What to produce: Go through the lines below and transcribe each one exactly.
Top of Data for this task
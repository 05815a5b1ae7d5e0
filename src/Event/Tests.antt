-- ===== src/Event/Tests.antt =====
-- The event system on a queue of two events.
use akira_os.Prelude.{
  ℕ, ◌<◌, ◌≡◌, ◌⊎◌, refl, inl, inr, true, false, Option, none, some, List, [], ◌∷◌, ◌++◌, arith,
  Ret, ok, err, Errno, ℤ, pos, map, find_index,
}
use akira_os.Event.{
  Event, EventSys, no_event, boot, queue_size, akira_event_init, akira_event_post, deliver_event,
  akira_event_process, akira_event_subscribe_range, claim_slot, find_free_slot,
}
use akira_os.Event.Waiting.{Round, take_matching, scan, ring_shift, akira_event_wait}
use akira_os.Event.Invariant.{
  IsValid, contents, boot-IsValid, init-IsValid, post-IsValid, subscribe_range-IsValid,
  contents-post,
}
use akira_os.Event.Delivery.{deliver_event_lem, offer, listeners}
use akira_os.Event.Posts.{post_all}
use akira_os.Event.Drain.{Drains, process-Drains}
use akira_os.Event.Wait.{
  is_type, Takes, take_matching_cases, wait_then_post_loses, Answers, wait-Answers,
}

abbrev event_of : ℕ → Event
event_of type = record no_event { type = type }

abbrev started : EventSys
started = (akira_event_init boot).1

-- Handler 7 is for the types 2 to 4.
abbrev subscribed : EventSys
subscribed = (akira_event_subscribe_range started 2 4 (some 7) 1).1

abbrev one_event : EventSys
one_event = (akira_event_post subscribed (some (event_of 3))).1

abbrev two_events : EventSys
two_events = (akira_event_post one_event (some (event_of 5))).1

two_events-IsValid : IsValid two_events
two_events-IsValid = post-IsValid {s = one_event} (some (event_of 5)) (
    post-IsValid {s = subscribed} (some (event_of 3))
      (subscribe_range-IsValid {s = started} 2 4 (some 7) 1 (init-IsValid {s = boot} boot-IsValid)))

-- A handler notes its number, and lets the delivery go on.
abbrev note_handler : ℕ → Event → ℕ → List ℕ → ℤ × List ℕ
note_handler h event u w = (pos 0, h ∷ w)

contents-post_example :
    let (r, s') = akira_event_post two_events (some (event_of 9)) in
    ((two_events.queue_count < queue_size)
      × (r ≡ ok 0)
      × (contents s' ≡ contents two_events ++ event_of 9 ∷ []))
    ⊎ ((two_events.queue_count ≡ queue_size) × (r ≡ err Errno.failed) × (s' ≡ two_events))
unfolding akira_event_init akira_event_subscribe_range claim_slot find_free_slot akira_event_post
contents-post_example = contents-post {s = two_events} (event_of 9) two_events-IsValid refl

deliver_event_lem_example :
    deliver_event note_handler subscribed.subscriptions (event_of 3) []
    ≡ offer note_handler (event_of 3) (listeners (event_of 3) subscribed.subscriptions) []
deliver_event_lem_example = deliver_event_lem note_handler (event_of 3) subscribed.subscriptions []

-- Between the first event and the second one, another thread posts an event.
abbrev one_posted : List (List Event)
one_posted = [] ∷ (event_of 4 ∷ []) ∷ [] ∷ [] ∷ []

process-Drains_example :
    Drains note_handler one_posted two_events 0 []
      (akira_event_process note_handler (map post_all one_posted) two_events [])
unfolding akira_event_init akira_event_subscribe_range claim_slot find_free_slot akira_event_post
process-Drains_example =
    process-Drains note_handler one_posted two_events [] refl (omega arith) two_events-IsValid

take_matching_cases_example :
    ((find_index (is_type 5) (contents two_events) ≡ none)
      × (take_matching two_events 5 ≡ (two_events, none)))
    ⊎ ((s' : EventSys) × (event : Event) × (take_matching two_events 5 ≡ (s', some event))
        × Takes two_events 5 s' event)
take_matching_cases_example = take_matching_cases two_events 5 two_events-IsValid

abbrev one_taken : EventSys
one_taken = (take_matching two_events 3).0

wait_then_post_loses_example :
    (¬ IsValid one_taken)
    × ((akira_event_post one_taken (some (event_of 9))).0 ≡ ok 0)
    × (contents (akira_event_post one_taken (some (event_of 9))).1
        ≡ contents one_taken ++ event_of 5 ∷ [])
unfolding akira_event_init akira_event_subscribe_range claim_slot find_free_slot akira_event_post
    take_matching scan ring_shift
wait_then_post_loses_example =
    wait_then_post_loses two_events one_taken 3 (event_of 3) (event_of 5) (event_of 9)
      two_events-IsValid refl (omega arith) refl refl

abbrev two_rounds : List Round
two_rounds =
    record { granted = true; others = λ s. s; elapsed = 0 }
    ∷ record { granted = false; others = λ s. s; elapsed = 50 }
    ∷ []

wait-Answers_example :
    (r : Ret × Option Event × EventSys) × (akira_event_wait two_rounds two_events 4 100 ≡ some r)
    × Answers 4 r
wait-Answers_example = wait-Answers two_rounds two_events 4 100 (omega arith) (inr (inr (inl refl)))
Bottom of Data for this task
Output for this exercise:
repository 05815a5b1ae7d5e0
filename src/Event/Tests.antt
-- ===== src/Event/Tests.antt =====
-- The event system on a queue of two events.
use akira_os.Prelude.{
  ℕ, ◌<◌, ◌≡◌, ◌⊎◌, refl, inl, inr, true, false, Option, none, some, List, [], ◌∷◌, ◌++◌, arith,
  Ret, ok, err, Errno, ℤ, pos, map, find_index,
}
use akira_os.Event.{
  Event, EventSys, no_event, boot, queue_size, akira_event_init, akira_event_post, deliver_event,
  akira_event_process, akira_event_subscribe_range, claim_slot, find_free_slot,
}
use akira_os.Event.Waiting.{Round, take_matching, scan, ring_shift, akira_event_wait}
use akira_os.Event.Invariant.{
  IsValid, contents, boot-IsValid, init-IsValid, post-IsValid, subscribe_range-IsValid,
  contents-post,
}
use akira_os.Event.Delivery.{deliver_event_lem, offer, listeners}
use akira_os.Event.Posts.{post_all}
use akira_os.Event.Drain.{Drains, process-Drains}
use akira_os.Event.Wait.{
  is_type, Takes, take_matching_cases, wait_then_post_loses, Answers, wait-Answers,
}

abbrev event_of : ℕ → Event
event_of type = record no_event { type = type }

abbrev started : EventSys
started = (akira_event_init boot).1

-- Handler 7 is for the types 2 to 4.
abbrev subscribed : EventSys
subscribed = (akira_event_subscribe_range started 2 4 (some 7) 1).1

abbrev one_event : EventSys
one_event = (akira_event_post subscribed (some (event_of 3))).1

abbrev two_events : EventSys
two_events = (akira_event_post one_event (some (event_of 5))).1

two_events-IsValid : IsValid two_events
two_events-IsValid = post-IsValid {s = one_event} (some (event_of 5)) (
    post-IsValid {s = subscribed} (some (event_of 3))
      (subscribe_range-IsValid {s = started} 2 4 (some 7) 1 (init-IsValid {s = boot} boot-IsValid)))

-- A handler notes its number, and lets the delivery go on.
abbrev note_handler : ℕ → Event → ℕ → List ℕ → ℤ × List ℕ
note_handler h event u w = (pos 0, h ∷ w)

contents-post_example :
    let (r, s') = akira_event_post two_events (some (event_of 9)) in
    ((two_events.queue_count < queue_size)
      × (r ≡ ok 0)
      × (contents s' ≡ contents two_events ++ event_of 9 ∷ []))
    ⊎ ((two_events.queue_count ≡ queue_size) × (r ≡ err Errno.failed) × (s' ≡ two_events))
unfolding akira_event_init akira_event_subscribe_range claim_slot find_free_slot akira_event_post
contents-post_example = contents-post {s = two_events} (event_of 9) two_events-IsValid refl

deliver_event_lem_example :
    deliver_event note_handler subscribed.subscriptions (event_of 3) []
    ≡ offer note_handler (event_of 3) (listeners (event_of 3) subscribed.subscriptions) []
deliver_event_lem_example = deliver_event_lem note_handler (event_of 3) subscribed.subscriptions []

-- Between the first event and the second one, another thread posts an event.
abbrev one_posted : List (List Event)
one_posted = [] ∷ (event_of 4 ∷ []) ∷ [] ∷ [] ∷ []

process-Drains_example :
    Drains note_handler one_posted two_events 0 []
      (akira_event_process note_handler (map post_all one_posted) two_events [])
unfolding akira_event_init akira_event_subscribe_range claim_slot find_free_slot akira_event_post
process-Drains_example =
    process-Drains note_handler one_posted two_events [] refl (omega arith) two_events-IsValid

take_matching_cases_example :
    ((find_index (is_type 5) (contents two_events) ≡ none)
      × (take_matching two_events 5 ≡ (two_events, none)))
    ⊎ ((s' : EventSys) × (event : Event) × (take_matching two_events 5 ≡ (s', some event))
        × Takes two_events 5 s' event)
take_matching_cases_example = take_matching_cases two_events 5 two_events-IsValid

abbrev one_taken : EventSys
one_taken = (take_matching two_events 3).0

wait_then_post_loses_example :
    (¬ IsValid one_taken)
    × ((akira_event_post one_taken (some (event_of 9))).0 ≡ ok 0)
    × (contents (akira_event_post one_taken (some (event_of 9))).1
        ≡ contents one_taken ++ event_of 5 ∷ [])
unfolding akira_event_init akira_event_subscribe_range claim_slot find_free_slot akira_event_post
    take_matching scan ring_shift
wait_then_post_loses_example =
    wait_then_post_loses two_events one_taken 3 (event_of 3) (event_of 5) (event_of 9)
      two_events-IsValid refl (omega arith) refl refl

abbrev two_rounds : List Round
two_rounds =
    record { granted = true; others = λ s. s; elapsed = 0 }
    ∷ record { granted = false; others = λ s. s; elapsed = 50 }
    ∷ []

wait-Answers_example :
    (r : Ret × Option Event × EventSys) × (akira_event_wait two_rounds two_events 4 100 ≡ some r)
    × Answers 4 r
wait-Answers_example = wait-Answers two_rounds two_events 4 100 (omega arith) (inr (inr (inl refl)))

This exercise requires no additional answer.